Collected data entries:
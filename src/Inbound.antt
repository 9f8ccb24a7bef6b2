-- ===== src/Inbound.antt =====
-- internal/inbound: a durable receipt is processed (parsed, contact, thread), looked up as a
-- duplicate, and recorded.
pub mod Receipt
pub mod Recorder
pub mod Service
pub mod Runs
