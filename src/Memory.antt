-- ===== src/Memory.antt =====
-- internal/store/memory/store.go: the store that keeps everything in maps. Every method holds the
-- mutex for all of its body, so a method is one atomic step on the maps. Stored byte slices are
-- copies, so there is no aliasing to model.
pub mod State
pub mod Records
pub mod Messages
pub mod Listing
pub mod Suppressed
pub mod Reachable
pub mod Limits
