-- ===== src/Outbound.antt =====
-- internal/outbound: a reply is assembled, queued, sent and marked as sent; delivery callbacks of
-- the provider update the message and suppress addresses that bounce.
pub mod Assembler
pub mod Recorders
pub mod Service
pub mod Callback
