-- ===== src/Parser.antt =====
-- internal/parser/parser.go. Subject models `normalizeSubject`, and Replies compares it with the
-- subject that the assembler gives a reply.
pub mod Subject
pub mod Replies
pub mod Body
pub mod Leaves
pub mod Collects
pub mod Message
pub mod Outcome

Aim of the task: Print from the line containing "pub mod Reachable" to the last line above, exactly as written.

Task result:
pub mod Reachable
pub mod Limits
-- ===== src/Outbound.antt =====
-- internal/outbound: a reply is assembled, queued, sent and marked as sent; delivery callbacks of
-- the provider update the message and suppress addresses that bounce.
pub mod Assembler
pub mod Recorders
pub mod Service
pub mod Callback
-- ===== src/Parser.antt =====
-- internal/parser/parser.go. Subject models `normalizeSubject`, and Replies compares it with the
-- subject that the assembler gives a reply.
pub mod Subject
pub mod Replies
pub mod Body
pub mod Leaves
pub mod Collects
pub mod Message
pub mod Outcome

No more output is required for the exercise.